The government’s controversial 'workfare' programme - by which unemployed people are required to work for their benefits – is to face a legal challenge in the High Court this week.
There has been a widespread backlash against workfare since it was introduced by the coalition government, with critics arguing that if there is work available then people should be paid at least minimum wage to carry it out.
Tomorrow (26 June), Cait Reilly and an unnamed claimant will be in court challenging two of the government’s workfare schemes – the sector-based work academies and the community action programme respectively.
The Public Interest Lawyers who are representing the claimants state that “If it succeeds the court will quash the regulations under which the schemes are made and Iain Duncan Smith, the Secretary of State for Work and Pensions, will be sent back to the drawing board".

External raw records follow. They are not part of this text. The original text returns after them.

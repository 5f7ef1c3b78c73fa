-- ===== src/Service/Placement/Accounts/Again.antt =====
-- A market whose turn comes again after a placement of the fleet.
use polymarket_event_quant.Base.{
  ℕ, suc, ◌≡◌, refl, true, false, Option, none, some, List, [], ◌∷◌, ◌++◌, length, length-append,
  ◌⊎◌, inl, inr, is_some, Result, ok, err, arith, Bool-cases, ◌∙◌, String,
}
use polymarket_event_quant.Models.{Market, PlacedOrder, PlacementResult}
use polymarket_event_quant.Database.{
  Db, add_order, prepare_market, set_market_state, event, MarketState, IntegrityError,
}
use polymarket_event_quant.Exchange.{Exc}
use polymarket_event_quant.Fleet.{MemberPlacement, FleetPlacement, gather, retryable}
use polymarket_event_quant.Fleet.Settlement.{retryable_rests_none}
use polymarket_event_quant.Service.{Bot, Settings, RetryState, ActivationUpdate}
use polymarket_event_quant.Service.Monad.{Action, write_result, ◌>>◌}
use polymarket_event_quant.Service.Monad.Ends.{bind-ends, write-ends}
use polymarket_event_quant.Service.Placement.Steps.{
  Desk, add_orders, mark, note, skip_market, keep_trying, pop_retry,
}
use polymarket_event_quant.Service.Placement.Accounts.{
  FleetDesk, Seen, gathered, watch, fleet_result, join_parts, error_parts, gave_up, gave_up_reason,
  finish_fleet, after_fleet, place_with_fleet,
}

-- the turns that are to come are those of before
abbrev pub IsSameQueue : Bot → Bot → Type 0
IsSameQueue b c = c.activation_market_updates ≡ b.activation_market_updates

-- one more turn is to come, and no order has been recorded
abbrev pub IsAgain : Bot → Bot → Type 0
IsAgain b c =
    (length c.activation_market_updates ≡ suc (length b.activation_market_updates))
    × (c.db.orders ≡ b.db.orders)

module _ (fleet : FleetDesk) (desk : Desk) (settings : Settings) (now : ℕ) (market : Market)
    (retry : Option RetryState) (knock_until_ms started_ms : ℕ)
    (source : Option ActivationUpdate) where
  written-IsSameQueue :
      (w : Result IntegrityError Db) (reason : String) (c : Bot)
      → IsSameQueue c
          (((λ _. write_result w c)
              >> mark desk settings now market MarketState.skipped (some reason)
              >> note desk settings now "WARNING" "market_skipped" market)
            c).1
  written-IsSameQueue (ok db) reason c = refl
  written-IsSameQueue (err e) reason c = refl

  skip_market-IsSameQueue :
      (reason : String) (b : Bot) → IsSameQueue b (skip_market desk settings now market reason b).1
  skip_market-IsSameQueue reason b =
      written-IsSameQueue (prepare_market now settings.run_id market MarketState.skipped b.db)
        reason (pop_retry market.slug b).1

  add_orders-IsSameQueue :
      (os : List PlacedOrder) (b c : Bot)
      → IsSameQueue b c
      → IsSameQueue b (add_orders desk settings now market os c).1
  unfolding add_orders
  add_orders-IsSameQueue [] b c h = h
  add_orders-IsSameQueue (o ∷ os) b c h =
      write-ends (IsSameQueue b) (add_order now settings.run_id market.slug o)
        (add_orders desk settings now market os) c h
        (λ db e. add_orders-IsSameQueue os b (record c { db = db }) h)

  one_more :
      (u : ActivationUpdate) (us : List ActivationUpdate) → length (us ++ u ∷ []) ≡ suc (length us)
  one_more u us = omega (arith, length-append us (u ∷ []))

  keep_trying-IsAgain :
      (r : PlacementResult) (old : Option RetryState) (finished_ms : ℕ) (b : Bot)
      → IsAgain b (keep_trying desk settings now market r old started_ms finished_ms source b).1
  unfolding set_market_state event
  keep_trying-IsAgain r none finished_ms b = (one_more _ b.activation_market_updates, refl)
  keep_trying-IsAgain r (some s) finished_ms b = (one_more _ b.activation_market_updates, refl)

  -- the end of a placement, whatever its orders
  finish_fleet-ends :
      (f : FleetPlacement) (seen : Option Seen) (finished_ms : ℕ) (b : Bot)
      → (retryable f ≡ false
          → IsSameQueue b
              (finish_fleet fleet desk settings now market retry knock_until_ms started_ms source f
                seen finished_ms b).1)
        × (IsSameQueue b
              (finish_fleet fleet desk settings now market retry knock_until_ms started_ms source f
                seen finished_ms b).1
            ⊎ IsAgain b
                (finish_fleet fleet desk settings now market retry knock_until_ms started_ms source
                  f seen finished_ms b).1)
  finish_fleet-ends f seen finished_ms b = elim (Bool-cases (is_some f.kept)) [
    | inl k ↦ rw k ((λ _. refl), inl refl)
    | inr k ↦ rw k (elim (Bool-cases (gave_up f)) [
      | inl g ↦ rw g (
        (λ _. skip_market-IsSameQueue (gave_up_reason seen knock_until_ms) b),
        inl (skip_market-IsSameQueue (gave_up_reason seen knock_until_ms) b),
      )
      | inr g ↦ rw g (elim (Bool-cases (retryable f)) [
        | inr r ↦ rw r ((λ _. refl), inl refl)
        | inl r ↦ rw r (
          (λ q. absurd (grind arith)),
          inr (
              keep_trying-IsAgain
                (record (fleet_result f) {
                  error = some (join_parts (error_parts f.placements));
                  retryable = true;
                })
                retry finished_ms b),
        )
      ])
    ])
  ]

  abbrev settled_by : List PlacedOrder → FleetPlacement → Option Seen → ℕ → Action (Unit {0})
  settled_by os f seen finished_ms =
      add_orders desk settings now market os
      >> finish_fleet fleet desk settings now market retry knock_until_ms started_ms source f seen
          finished_ms

  settled_by-nothing :
      (os : List PlacedOrder) (f : FleetPlacement) (seen : Option Seen) (finished_ms : ℕ) (b : Bot)
      → os ≡ []
      → IsSameQueue b (settled_by os f seen finished_ms b).1
        ⊎ IsAgain b (settled_by os f seen finished_ms b).1
  unfolding add_orders
  settled_by-nothing [] f seen finished_ms b e = (finish_fleet-ends f seen finished_ms b).1
  settled_by-nothing (o ∷ os) f seen finished_ms b e = absurd (grind arith)

  settled_by-last :
      (os : List PlacedOrder) (f : FleetPlacement) (seen : Option Seen) (finished_ms : ℕ) (b : Bot)
      → retryable f ≡ false
      → IsSameQueue b (settled_by os f seen finished_ms b).1
  settled_by-last os f seen finished_ms b r =
      let recorded = add_orders-IsSameQueue os b b refl in
      bind-ends (IsSameQueue b) (add_orders desk settings now market os)
        (λ _.
          finish_fleet fleet desk settings now market retry knock_until_ms started_ms source f seen
            finished_ms)
        b recorded (λ u e. (finish_fleet-ends f seen finished_ms _).0 r ∙ recorded)

  -- a placement that is to be tried again has nothing to record
  after_fleet-ends :
      (end : Result Exc (List MemberPlacement × Option Seen)) (call : ℕ) (b : Bot)
      → IsSameQueue b
          (after_fleet fleet desk settings now market retry knock_until_ms started_ms source
            (gathered fleet call end)
            b).1
        ⊎ IsAgain b
            (after_fleet fleet desk settings now market retry knock_until_ms started_ms source
              (gathered fleet call end)
              b).1
  after_fleet-ends (err e) call b = inl refl
  after_fleet-ends (ok (ps, seen)) call b =
      let f = gather (fleet.cancel call) fleet.keep_best (fleet.clocks call) ps in
      elim (Bool-cases (retryable f)) [
        | inl r ↦
            settled_by-nothing f.settled.orders f seen (desk.clock_ms b.calls) b
              (retryable_rests_none (fleet.cancel call) fleet.keep_best (fleet.clocks call) ps r)
        | inr r ↦ inl (settled_by-last f.settled.orders f seen (desk.clock_ms b.calls) b r)
      ]

-- A market comes up again after a placement of the fleet only when nothing of the placement has been
-- recorded: either the turns that are to come are those of before, or there is one more and the
-- table of orders is as it was. No retry adds to orders that rest already, whatever the members, the
-- venue's answers to their cancels and the registration clock say.
pub place_with_fleet_once :
    (fleet : FleetDesk) (desk : Desk) (settings : Settings) (now : ℕ) (market : Market)
    (retry : Option RetryState) (knock_until_ms : ℕ) (source : Option ActivationUpdate) (b : Bot)
    → IsSameQueue b
        (place_with_fleet fleet desk settings now market retry knock_until_ms source b).1
      ⊎ IsAgain b (place_with_fleet fleet desk settings now market retry knock_until_ms source b).1
unfolding place_with_fleet
place_with_fleet_once fleet desk settings now market retry knock_until_ms source b =
    after_fleet-ends fleet desk settings now market retry knock_until_ms (desk.clock_ms b.calls)
      source
      (fleet.place_members b.calls market settings.plan.buy_price knock_until_ms
        (watch fleet market))
      b.calls (record b { calls = suc b.calls })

Members of the group Boycott Workfare will be outside the Royal Courts of Justice, dressed as judges and holding a banner declaring “the real crime is workfare”. The campaigners will show their support for the two claimants in their legal challenge.
Several companies have already pulled out of participating in workfare schemes following public anger and campaigns by Boycott Workfare.
"After months of effective campaigning against workfare on the streets and online, these cases will see the fight against workfare challenged in the courts of law,” said Joanna Long of Boycott Workfare.
She added, “If these cases succeed, the government would see their workfare schemes in even deeper disarray. We wish the claimants our best wishes with their cases in which they will assert their right, and the rights of all unemployed people, to be protected from forced work for benefits”.